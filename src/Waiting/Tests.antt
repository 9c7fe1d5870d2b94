-- ===== src/Waiting/Tests.antt =====
-- Each actor handles a message after which it calls another one, or may not.
use gwyh.Base.{◌≡◌, refl, OnSome, none, some, [], ◌∷◌, ℕ_discrete}
use gwyh.Base.Dict.{lookup}
use gwyh.External.{Pair-discrete}
use gwyh.Message.{PeerRequest, up}
use gwyh.Packet.{HandshakeStep}
use gwyh.Actor.{PeerManagerRequest, HandshakerMessage, packet, call, to_peer_manager, request, emit}
use gwyh.Samples.{entropy, hashing, node, peer}
use gwyh.Samples.Wire.{chooser}
use gwyh.PeerManager.State.{PeerManager, new as new_manager}
use gwyh.PeerManager.Handle.{handle_message as handle_peers}
use gwyh.Handshaker.State.{Handshaker, new as new_handshaker}
use gwyh.Handshaker.Send.{send_peer_up, call_and_then}
use gwyh.Handshaker.Handle.{
  handle_message as handle_handshakes, handle_handshake, on_goteam, remove_okboss,
}
use gwyh.Waiting.{AllBelow}
use gwyh.Waiting.Peers.{handle_message-calls_packets}
use gwyh.Waiting.Handshakes.{handle_message-calls_below}

abbrev subscribed : PeerManager
subscribed = record (new_manager (node 1)) { subscribed_to = 2 ∷ [] }

handle_message-calls_packets_example :
    OnSome
      (λ r. AllBelow 1 r.0.io)
      (handle_peers entropy chooser PeerManagerRequest.shutdown subscribed)
unfolding new_manager
handle_message-calls_packets_example =
    handle_message-calls_packets entropy chooser PeerManagerRequest.shutdown subscribed tt

-- A handshaker that waits for the GoTeam of the node 2 at the address 20.
abbrev waiting : Handshaker
waiting = record (new_handshaker (node 1)) {
  okbosses =
      (
        (5, 20),
        record {
          id = 5;
          peer = peer 2 20 1000;
          challenge = none;
          response = some [];
          timer = none;
          and_then = none;
          timestamp = 1000;
        },
      )
      ∷ [];
}

abbrev team : HandshakerMessage
team = packet 20 (record { id = 5; step = HandshakeStep.goteam }) 2

-- It calls the peer manager when the GoTeam comes in.
team-calls :
    OnSome
      (λ s'.
        s'.io.out
        ≡ to_peer_manager call
            (request 1 (PeerRequest.peer_status (record { peer = peer 2 20 1000; state = up })))
          ∷ [])
      (handle_handshakes entropy hashing (λ name. none) 1000 team waiting)
unfolding new_handshaker handle_handshakes handle_handshake on_goteam remove_okboss send_peer_up
    emit call_and_then lookup Pair-discrete ℕ_discrete
team-calls = refl

handle_message-calls_below_example :
    OnSome
      (λ s'. AllBelow 2 s'.io)
      (handle_handshakes entropy hashing (λ name. none) 1000 team waiting)
unfolding new_handshaker
handle_message-calls_below_example =
    handle_message-calls_below entropy hashing (λ name. none) 1000 team waiting tt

Assigned task :: Return each line of the data exactly as it was given.

Result ::
filename src/Waiting/Tests.antt
repository 9c7fe1d5870d2b94
-- ===== src/Waiting/Tests.antt =====
-- Each actor handles a message after which it calls another one, or may not.
use gwyh.Base.{◌≡◌, refl, OnSome, none, some, [], ◌∷◌, ℕ_discrete}
use gwyh.Base.Dict.{lookup}
use gwyh.External.{Pair-discrete}
use gwyh.Message.{PeerRequest, up}
use gwyh.Packet.{HandshakeStep}
use gwyh.Actor.{PeerManagerRequest, HandshakerMessage, packet, call, to_peer_manager, request, emit}
use gwyh.Samples.{entropy, hashing, node, peer}
use gwyh.Samples.Wire.{chooser}
use gwyh.PeerManager.State.{PeerManager, new as new_manager}
use gwyh.PeerManager.Handle.{handle_message as handle_peers}
use gwyh.Handshaker.State.{Handshaker, new as new_handshaker}
use gwyh.Handshaker.Send.{send_peer_up, call_and_then}
use gwyh.Handshaker.Handle.{
  handle_message as handle_handshakes, handle_handshake, on_goteam, remove_okboss,
}
use gwyh.Waiting.{AllBelow}
use gwyh.Waiting.Peers.{handle_message-calls_packets}
use gwyh.Waiting.Handshakes.{handle_message-calls_below}

abbrev subscribed : PeerManager
subscribed = record (new_manager (node 1)) { subscribed_to = 2 ∷ [] }

handle_message-calls_packets_example :
    OnSome
      (λ r. AllBelow 1 r.0.io)
      (handle_peers entropy chooser PeerManagerRequest.shutdown subscribed)
unfolding new_manager
handle_message-calls_packets_example =
    handle_message-calls_packets entropy chooser PeerManagerRequest.shutdown subscribed tt

-- A handshaker that waits for the GoTeam of the node 2 at the address 20.
abbrev waiting : Handshaker
waiting = record (new_handshaker (node 1)) {
  okbosses =
      (
        (5, 20),
        record {
          id = 5;
          peer = peer 2 20 1000;
          challenge = none;
          response = some [];
          timer = none;
          and_then = none;
          timestamp = 1000;
        },
      )
      ∷ [];
}

abbrev team : HandshakerMessage
team = packet 20 (record { id = 5; step = HandshakeStep.goteam }) 2

-- It calls the peer manager when the GoTeam comes in.
team-calls :
    OnSome
      (λ s'.
        s'.io.out
        ≡ to_peer_manager call
            (request 1 (PeerRequest.peer_status (record { peer = peer 2 20 1000; state = up })))
          ∷ [])
      (handle_handshakes entropy hashing (λ name. none) 1000 team waiting)
unfolding new_handshaker handle_handshakes handle_handshake on_goteam remove_okboss send_peer_up
    emit call_and_then lookup Pair-discrete ℕ_discrete
team-calls = refl

handle_message-calls_below_example :
    OnSome
      (λ s'. AllBelow 2 s'.io)
      (handle_handshakes entropy hashing (λ name. none) 1000 team waiting)
unfolding new_handshaker
handle_message-calls_below_example =
    handle_message-calls_below entropy hashing (λ name. none) 1000 team waiting tt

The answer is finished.